Column Length declaration

  • Dear Experts,
    On starting to design for a new project , I would like to know if its better to allocate double the size of the data-length anticipated to grow or to declare a length little more than what is anticipated to grow maximum. Or is it just better to give a much longer length without bothering about anything ? are there any implications of giving too long column lengths with varchar ? Int and Char are understandable though. Thank you in advance.

  • No, just make it the length it needs to be and no more, otherwise you'll get inaccurate memory grants and other such nasties when you start to run queries.

    John

  • Error slightly on the short side.  It is safer to loosen rather than tighten constraints in the future - and length is a constraint.  Screen and report layout widths are based on defined column lengths.  Large column widths will leave a developer bewildered about screen and report designs.  Some internal limitations are based on actual and others on declared sizes like little land mines that may eventually blow up.

  • Like John said, assign it to the size it should be. Databases grow, Tables, grow, but columns should not. You should know how large a field is going to be when you create your database/application. For example, you a reference might be between 8 and 12 characters, so make it a varchar(12); don't make it a varchar(24) incase, one day, just maybe, you *might* have a 13 character reference.

    If you're using an IDENTITY column, then choose an appropriate size still. If you know a table isn't going to have more than 10,000 records inserted into in, then you could use a smallint.
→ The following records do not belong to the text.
-- ===== src/Totp/Bytes.antt =====
-- The bytes that a secret and a padded message consist of.
use dms_bitwarden_cli.Common.{
  ℕ, zero, suc, ◌+◌, ◌*◌, ◌-◌, ◌/◌, ◌%◌, ◌^◌, ◌≤◌, ◌<◌, ◌≡◌, refl, ap, ◌∙◌, inl, inr, none, some,
  List, [], ◌∷◌, ◌++◌, arith, leb, ◌==◌, if◌then◌else◌, leb→le, Bool-cases, Option-cases, length,
  All, length-append, All-append, Str,
}
use dms_bitwarden_cli.Totp.{
  upper, base32_index, decode_from, decode_base32, counter_bytes, pad_message, byte_at, zeros_until,
}

-- The units of a text that base32 has.
unfoldable pub base32_count : Str → ℕ
base32_count [] = 0
base32_count (c ∷ s) = elim (base32_index c) [
  | none ↦ base32_count s
  | some i ↦ suc (base32_count s)
]

base32_count-none :
    (c : ℕ) (s : Str) → base32_index c ≡ none → base32_count (c ∷ s) ≡ base32_count s
unfolding base32_count
base32_count-none c s e = rw (base32_count, e) refl

base32_count-some :
    (c i : ℕ) (s : Str) → base32_index c ≡ some i → base32_count (c ∷ s) ≡ suc (base32_count s)
unfolding base32_count
base32_count-some c i s e = rw (base32_count, e) refl

decode_from-none :
    (buffer bits c : ℕ) (s : Str)
    → base32_index c ≡ none
    → decode_from buffer bits (c ∷ s) ≡ decode_from buffer bits s
unfolding decode_from
decode_from-none buffer bits c s e = rw (decode_from, e) refl

decode_from-some :
    (buffer bits c i : ℕ) (s : Str)
    → base32_index c ≡ some i
    → decode_from buffer bits (c ∷ s) ≡ (
        if leb 8 (bits + 5)
        then byte_at ((buffer * 32 + i) % 65536) (bits + 5 - 8)
          ∷ decode_from ((buffer * 32 + i) % 65536) (bits + 5 - 8) s
        else decode_from ((buffer * 32 + i) % 65536) (bits + 5) s)
unfolding decode_from
decode_from-some buffer bits c i s e = rw (decode_from, e) refl

-- What the loop leaves of a text, with fewer than eight bits in the buffer.
IsDecoded : ℕ → ℕ → List ℕ → Type 0
IsDecoded bits count out = (length out ≡ (bits + 5 * count) / 8) × All (λ b. b < 256) out

decode_from-IsDecoded :
    (buffer bits : ℕ) (s : Str)
    → bits < 8
    → IsDecoded bits (base32_count s) (decode_from buffer bits s)
unfolding IsDecoded
decode_from-IsDecoded buffer bits [] h = unfold decode_from base32_count in (omega (arith, h), tt)
decode_from-IsDecoded buffer bits (c ∷ s) h = elim (Option-cases (base32_index c)) [
  | inl e ↦
      rw (decode_from-none buffer bits c s e, base32_count-none c s e)
        (decode_from-IsDecoded buffer bits s h)
  | inr found ↦
      rw (decode_from-some buffer bits c found.0 s found.1, base32_count-some c found.0 s found.1)
        (elim (Bool-cases (leb 8 (bits + 5))) [
          | inl full ↦
              let rest =
                decode_from-IsDecoded ((buffer * 32 + found.0) % 65536) (bits + 5 - 8) s
                  (omega (arith, h)) in
              rw full (omega (arith, rest.0, leb→le _ _ full), (omega arith, rest.1))
          | inr room ↦
              let rest =
                decode_from-IsDecoded ((buffer * 32 + found.0) % 65536) (bits + 5) s
                  (ground arith) in
              rw room (omega (arith, rest.0), rest.1)
        ])
]

-- A text is decoded to bytes, as many as the base32 units of its upper case fill: the other units are skipped, and
-- the bits that fill no byte are dropped.
pub decode_base32_fills :
    (s : Str)
    → (length (decode_base32 s) ≡ (5 * base32_count (upper s)) / 8)
      × All (λ b. b < 256) (decode_base32 s)
unfolding decode_base32 IsDecoded
decode_base32_fills s =
    let d = decode_from-IsDecoded 0 0 (upper s) (omega arith) in (omega (arith, d.0), d.1)

zeros-bytes : (f len : ℕ) → All (λ b. b < 256) (zeros_until f len)
unfolding zeros_until
zeros-bytes zero len = tt
zeros-bytes (suc f) len = elim (Bool-cases (len % 64 == 56)) [
  | inl e ↦ rw e tt
  | inr e ↦ rw e (omega arith, zeros-bytes f (len + 1))
]

-- The zeros that are wanting at a length.
abbrev wanting : ℕ → ℕ
wanting len = (120 - len % 64) % 64

zeros-length : (f len : ℕ) → wanting len ≤ f → length {A = ℕ} (zeros_until f len) ≡ wanting len
unfolding zeros_until
zeros-length zero len h = omega (arith, h)
zeros-length (suc f) len h = elim (Bool-cases (len % 64 == 56)) [
  | inl e ↦ rw e (ground arith)
  | inr e ↦
      let one_less : suc (wanting (len + 1)) ≡ wanting len = ground arith in
      rw e (ap suc (zeros-length f (len + 1) (omega (arith, h, one_less))) ∙ one_less)
]

counter_bytes-bytes : (n : ℕ) → All (λ b. b < 256) (counter_bytes n)
unfolding counter_bytes
counter_bytes-bytes n = (
  omega arith,
  (
    omega arith,
    (omega arith, (omega arith, (omega arith, (omega arith, (omega arith, (omega arith, tt)))))),
  ),
)

-- The number that eight bytes spell, the highest first.
abbrev pub big_endian : ℕ → List ℕ → ℕ
big_endian acc [] = acc
big_endian acc (b ∷ bs) = big_endian (acc * 256 + b) bs

counter_bytes-value : (n : ℕ) → n < 2 ^ 64 → big_endian 0 (counter_bytes n) ≡ n
unfolding counter_bytes
counter_bytes-value n h = omega (arith, h)

length-counter_bytes : (n : ℕ) → length (counter_bytes n) ≡ 8
unfolding counter_bytes
length-counter_bytes n = refl

-- A padded message fills whole blocks of 64 bytes, with at most 72 bytes added, and consists of
-- bytes if the message does.
pub pad_message_fills :
    (bytes : List ℕ)
    → All (λ b. b < 256) bytes
    → (length (pad_message bytes) % 64 ≡ 0)
      × (length (pad_message bytes) ≤ length bytes + 72)
      × All (λ b. b < 256) (pad_message bytes)
unfolding pad_message
pad_message_fills bytes h =
    let n = length bytes in
    let head = bytes ++ 0x80 ∷ [] in
    let body = head ++ zeros_until 63 (n + 1) in
    let total : length (body ++ counter_bytes (n * 8)) ≡ n + 1 + wanting (n + 1) + 8 = omega (
      arith,
      length-append body (counter_bytes (n * 8)),
      length-append head (zeros_until 63 (n + 1)),
      length-append bytes (0x80 ∷ []),
      zeros-length 63 (n + 1) (omega arith),
      length-counter_bytes (n * 8),
    ) in
    (
      omega (arith, total),
      omega (arith, total),
      All-append (λ b. b < 256) body (counter_bytes (n * 8))
          (All-append (λ b. b < 256) head (zeros_until 63 (n + 1))
            (All-append (λ b. b < 256) bytes (0x80 ∷ []) h (omega arith, tt))
            (zeros-bytes 63 (n + 1)))
          (counter_bytes-bytes (n * 8)),
    )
If you want to really cover yourself create the column as a smallint IDENTITY(-32768,1); you'll have over 64,000 values to play with then.

    Queue Joe telling me off for defining a numeric column that I have no plan to do maths on.

    Thom~

    Excuse my typos and sometimes awful grammar. My fingers work faster than my brain does.
    Larnu.uk

  • Thanks John , Thom A and Bill .
    Thom, your approach seems suitable especially for systems with not-so-high memory if we look from the memory-grant perspective. Since SQL estimates the column data-occupied length to be half, and does the memory grant , what's the magnitude of impact when it knows that the actual grants required are little more because , a varchar(12) has occupancy above 6 (8 to 12) in your example ? I mean is it a costly operation that may impact performance ?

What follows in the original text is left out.